89) The 3D device of claim 88, wherein the 3D device is dehydratable and rehydratable with a solution including at least one substance selected from the group consisting of honey, honey derivatives, pharmaceuticals, pharmaceutical antibiotics and anti-inflammatory drugs, hyaluronic acid, cross-linked hyaluronic acid, chondroitin sulfate, cross-linked chondroitin sulfate, and anti-inflammatory fluids filtered from micronized amniotic membrane lysates.

90) The 3D device of claim 88, and further comprising a chemical preservative.

91) The 3D device of claim 88, wherein the 3D device is dehydratable and rehydratable with a solution including at least one substance including cells selected from the group consisting of circulating peripheral blood cells, bone marrow cells, stem cells, structural cells (bone, skin, hair, cartilage, tooth), and immune effector cells, including T-cells, B-cells, natural killer cells, macrophages, plasma cells, and vascular endothelial cells.

92) A three-dimensional (3D) device for treatment of diseased tissues by application of the 3D device to such diseased tissues, the device being comprised of micronized amniotic membrane (AM) tissue in a physiologic solution and dehydrated to a paste-like consistency for manipulation into a specific preselected form, wherein the physiologic solution with the micronized amniotic membrane tissue comprises an aqueous mixture of honey and a chemical preservative, and further wherein the dehydrated paste is molded into the form of an ocular contact lens for deployment on the surface of a diseased eye, the ocular contact lens having a convex surface coated with an antibiotic and a concave surface coated with honey.

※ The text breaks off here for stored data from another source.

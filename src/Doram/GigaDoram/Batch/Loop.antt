-- ===== src/Doram/GigaDoram/Batch/Loop.antt =====
-- The loop of a batch ends, and returns an output for each operation.
use gigadoram_rs.Base.{
  ℕ, zero, suc, ◌+◌, ◌-◌, ◌*◌, ◌≤◌, ◌<◌, ◌≡◌, refl, sym, subst, ◌∙◌, arith, true, false, ltb, ◌==◌,
  ==_iff, List, [], ◌∷◌, Option, none, some, length, length-append, take, drop, length-take,
  length-drop, min, Bool-cases, inl, inr,
}
use gigadoram_rs.Primitives.Value.{DoramValue}
use gigadoram_rs.DataStructures.OhTable.Api.{OhTableApi}
use gigadoram_rs.Doram.GigaDoram.State.{GigaDoram}
use gigadoram_rs.Doram.GigaDoram.Invariant.{IsValid}
use gigadoram_rs.Doram.GigaDoram.Rebuild.{RebuildCoins, rebuild}
use gigadoram_rs.Doram.GigaDoram.Rebuild.Collecting.{Full}
use gigadoram_rs.Doram.GigaDoram.Rebuild.Kept.{rebuild-IsValid}
use gigadoram_rs.Doram.GigaDoram.Batch.{
  Outcome, out_of_fuel, failed, finished, try_then, prepend, batch_access_chunk, batch_loop,
  batch_access,
}
use gigadoram_rs.Doram.GigaDoram.Batch.Kept.{batch_access_chunk-IsValid}

module _ {V : Type 0} ⦃d : DoramValue V⦄ (api : OhTableApi V) where
  -- How a batch of `n` operations ends: with a failure, or with a well-formed hierarchy and `n`
  -- outputs.
  abbrev pub Ends : GigaDoram api → ℕ → Outcome (GigaDoram api × List V) → Type 0
  Ends g n out_of_fuel = ⊥
  Ends g n failed = Unit {0}
  Ends g n (finished (g', outputs)) = IsValid api g' × (g'.config ≡ g.config) × (length outputs ≡ n)

  -- The rounds that may be left: two for each operation, and one more for a full cache.
  abbrev rounds : GigaDoram api → List (ℕ × Option V) → ℕ
  rounds g ops = 2 * length ops + (1 - (g.speed_cache.length - g.speed_cache.num_stored))

  Ends-prepend :
      (g g' : GigaDoram api) (m n : ℕ) (outputs : List V) (rest : Outcome (GigaDoram api × List V))
      → g'.config ≡ g.config
      → length outputs ≡ m
      → Ends g' n rest
      → Ends g (m + n) (prepend outputs rest)
  unfolding prepend
  Ends-prepend g g' m n outputs out_of_fuel same size h = elim h [ ]
  Ends-prepend g g' m n outputs failed same size h = tt
  Ends-prepend g g' m n outputs (finished (last, rest)) same size (valid, config, answered) =
      (valid, config ∙ same, omega (arith, length-append outputs rest, size, answered))

  Ends-config :
      (g g' : GigaDoram api) (n : ℕ) (o : Outcome (GigaDoram api × List V))
      → g'.config ≡ g.config
      → Ends g' n o
      → Ends g n o
  Ends-config g g' n out_of_fuel same h = h
  Ends-config g g' n failed same h = tt
  Ends-config g g' n (finished (last, rest)) same (valid, config, answered) =
      (valid, config ∙ same, answered)

  Ends-try :
      {A : Type 0} (g : GigaDoram api) (n : ℕ) (o : Option A)
      (next : A → Outcome (GigaDoram api × List V))
      → ((a : A) → o ≡ some a → Ends g n (next a))
      → Ends g n (try_then o next)
  unfolding try_then
  Ends-try g n none next h = tt
  Ends-try g n (some a) next h = h a refl

  over : (stored size : ℕ) → stored ≤ size → ltb size stored ≡ false
  over stored size h = ground arith

  module _ (coins : ℕ → RebuildCoins api) (random : ℕ → ℕ → ℕ → ℕ) where
    -- A round, before the rounds of which `again` speaks.
    module _ (fuel : ℕ)
        (again : (g : GigaDoram api) (ops : List (ℕ × Option V))
          → IsValid api g
          → rounds g ops ≤ fuel
          → Ends g (length ops) (batch_loop api fuel g ops coins random)) where
      rebuild_round :
          (g : GigaDoram api) (ops : List (ℕ × Option V))
          → IsValid api g
          → g.speed_cache.length - g.speed_cache.num_stored ≡ 0
          → 2 * length ops ≤ fuel
          → Ends g (length ops) (
              try_then
                (rebuild api g (coins fuel))
                (λ rebuilt. batch_loop api fuel rebuilt ops coins random))
      rebuild_round g ops valid no_room enough =
          Ends-try g (length ops) (rebuild api g (coins fuel)) _ λ rebuilt e.
            let full : Full api g = record {
              valid = valid;
              full = omega (arith, no_room, valid.cache_valid.stored);
            } in
            let fresh = rebuild-IsValid api g rebuilt (coins fuel) full e in
            Ends-config g rebuilt (length ops) _ fresh.same_config
              (again rebuilt ops fresh.valid (omega (arith, enough, fresh.writeable)))

      chunk_round :
          (g : GigaDoram api) (ops : List (ℕ × Option V)) (n : ℕ)
          → IsValid api g
          → n ≡ min (length ops) (g.speed_cache.length - g.speed_cache.num_stored)
          → 0 < n
          → 2 * length ops ≤ suc fuel
          → Ends g (length ops) (
              try_then
                (batch_access_chunk api g (take n ops) (random fuel))
                (λ r. prepend r.1 (batch_loop api fuel r.0 (drop n ops) coins random)))
      chunk_round g ops n valid size some_room enough =
          let chunk_size : length (take n ops) ≡ n = omega (arith, length-take n ops, size) in
          let left = length-drop n ops in
          subst
            (λ (m : ℕ). Ends g m (
              try_then (batch_access_chunk api g (take n ops) (random fuel))
                (λ r. prepend r.1 (batch_loop api fuel r.0 (drop n ops) coins random))))
            {x = length (take n ops) + length (drop n ops)} (omega (arith, chunk_size, left, size))
            (Ends-try g (length (take n ops) + length (drop n ops))
              (batch_access_chunk api g (take n ops) (random fuel)) _
              λ r e.
                let done =
                  batch_access_chunk-IsValid api g r.0 (take n ops) (random fuel) r.1 valid
                    (omega (arith, size, some_room)) (omega (arith, size, chunk_size)) e in
                Ends-prepend g r.0 (length (take n ops)) (length (drop n ops)) r.1 _
                  done.same_config done.answered
                  (again r.0 (drop n ops) done.valid
                    (omega (arith, enough, left, size, some_room))))

    full_step :
        (fuel : ℕ) (g : GigaDoram api) (op : ℕ × Option V) (ops : List (ℕ × Option V))
        → ltb g.speed_cache.length g.speed_cache.num_stored ≡ false
        → (g.speed_cache.length - g.speed_cache.num_stored == 0) ≡ true
        → batch_loop api (suc fuel) g (op ∷ ops) coins random
          ≡ try_then
              (rebuild api g (coins fuel))
              (λ rebuilt. batch_loop api fuel rebuilt (op ∷ ops) coins random)
    unfolding batch_loop
    full_step fuel g op ops ok full = rw (batch_loop, ok, full) refl

    room_step :
        (fuel : ℕ) (g : GigaDoram api) (op : ℕ × Option V) (ops : List (ℕ × Option V))
        → ltb g.speed_cache.length g.speed_cache.num_stored ≡ false
        → (g.speed_cache.length - g.speed_cache.num_stored == 0) ≡ false
        → let n = min (length (op ∷ ops)) (g.speed_cache.length - g.speed_cache.num_stored) in
          batch_loop api (suc fuel) g (op ∷ ops) coins random
          ≡ try_then
              (batch_access_chunk api g (take n (op ∷ ops)) (random fuel))
              (λ r. prepend r.1 (batch_loop api fuel r.0 (drop n (op ∷ ops)) coins random))
    unfolding batch_loop
    room_step fuel g op ops ok room = rw (batch_loop, ok, room) refl

    batch_loop_lem :
        (fuel : ℕ) (g : GigaDoram api) (ops : List (ℕ × Option V))
        → IsValid api g
        → rounds g ops ≤ fuel
        → Ends g (length ops) (batch_loop api fuel g ops coins random)
    unfolding batch_loop
    batch_loop_lem zero g [] valid enough = (valid, refl, refl)
    batch_loop_lem (suc fuel) g [] valid enough = (valid, refl, refl)
    batch_loop_lem zero g (op ∷ ops) valid enough = absurd (omega (arith, enough))
    batch_loop_lem (suc fuel) g (op ∷ ops) valid enough =
        let free = g.speed_cache.length - g.speed_cache.num_stored in
        let n = min (length (op ∷ ops)) free in
        let ok = over g.speed_cache.num_stored g.speed_cache.length valid.cache_valid.stored in
        elim (Bool-cases (free == 0)) [
          | inl full ↦
              let no_room = (==_iff free 0).0 full in
              subst (λ o. Ends g (length (op ∷ ops)) o) (sym (full_step fuel g op ops ok full))
                (rebuild_round fuel (batch_loop_lem fuel) g (op ∷ ops) valid no_room
                  (omega (arith, enough, no_room)))
          | inr room ↦
              subst (λ o. Ends g (length (op ∷ ops)) o) (sym (room_step fuel g op ops ok room))
                (chunk_round fuel (batch_loop_lem fuel) g (op ∷ ops) n valid refl
                  (some_slot free room) (omega (arith, enough)))
        ]
      where
        some_slot : (free : ℕ) → (free == 0) ≡ false → 0 < min (suc (length ops)) free
        some_slot free room = ground arith

    -- A batch ends: on fuel for two rounds for each operation and one more, a non-empty batch on a
    -- well-formed hierarchy fails in a step, or returns an output for each operation and leaves a
    -- well-formed hierarchy of the same configuration. It never runs out of fuel, also if it is
    -- longer than the cache.
    pub batch_access-Ends :
        (fuel : ℕ) (g : GigaDoram api) (ops : List (ℕ × Option V))
        → IsValid api g
        → 2 * length ops + 1 ≤ fuel
        → Ends g (length ops) (batch_access api fuel g ops coins random)
    unfolding batch_access
    batch_access-Ends fuel g [] valid enough = tt
    batch_access-Ends fuel g (op ∷ ops) valid enough =
        batch_loop_lem fuel g (op ∷ ops) valid (omega (arith, enough))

93) A three-dimensional (3D) device for treatment of diseased tissues by application of the 3D device to such diseased tissues, the device being comprised of micronized amniotic membrane (AM) tissue in a physiologic solution and dehydrated to a paste-like consistency for manipulation into a specific preselected form, wherein the physiologic solution with the micronized amniotic membrane tissue comprises an aqueous mixture of honey selected from the group consisting of Non-Peroxide Activity (NPA) honey, Peroxide Activity (PA) honey and an admixture of PA honey and NPA honey, wherein the aqueous mixture of honey further comprises a chemical preservative, wherein the 3D device is pressed into at least one sheet having a selectively variable thickness, and further wherein the at least one sheet is a stack of at least two sheets of sufficient thickness to be further formed to a preselected 3D shape for a specific therapeutic application, and further comprising an adhesive substance between adjacent sheets of the at least two sheets of micronized AM tissue, wherein the adhesive substance between any two adjacent sheets of the at least two sheets of micronized AM tissue is comprised of honey, and further wherein the sheets of the at least two sheets are dehydrated, coated with honey and dehydrated again, and then stacked, for shipping and storage so that the at least two sheets of micronized AM tissue are coated with anhydrous honey powder selected from the group consisting of NPA honey, PA honey and an admixture of PA honey and NPA honey, and further wherein the 3D device is rehydratable with a solution including at least one substance selected from the group consisting of honey, honey derivatives, pharmaceuticals, pharmaceutical antibiotics and anti-inflammatory drugs, hyaluronic acid, cross-linked hyaluronic acid, chondroitin sulfate, cross-linked chondroitin sulfate, and anti-inflammatory fluids filtered from micronized amniotic membrane lysates, and further wherein the 3D device is rehydratable with a solution including at least one substance including cells selected from the group consisting of circulating peripheral blood cells, bone marrow cells, stem cells, structural cells (bone, skin, hair, cartilage, tooth), and immune effector cells, including T-cells, B-cells, natural killer cells, macrophages, and plasma cells, and further wherein the 3D device is marked on an outer surface thereof to indicate direction of positioning on the diseased tissue.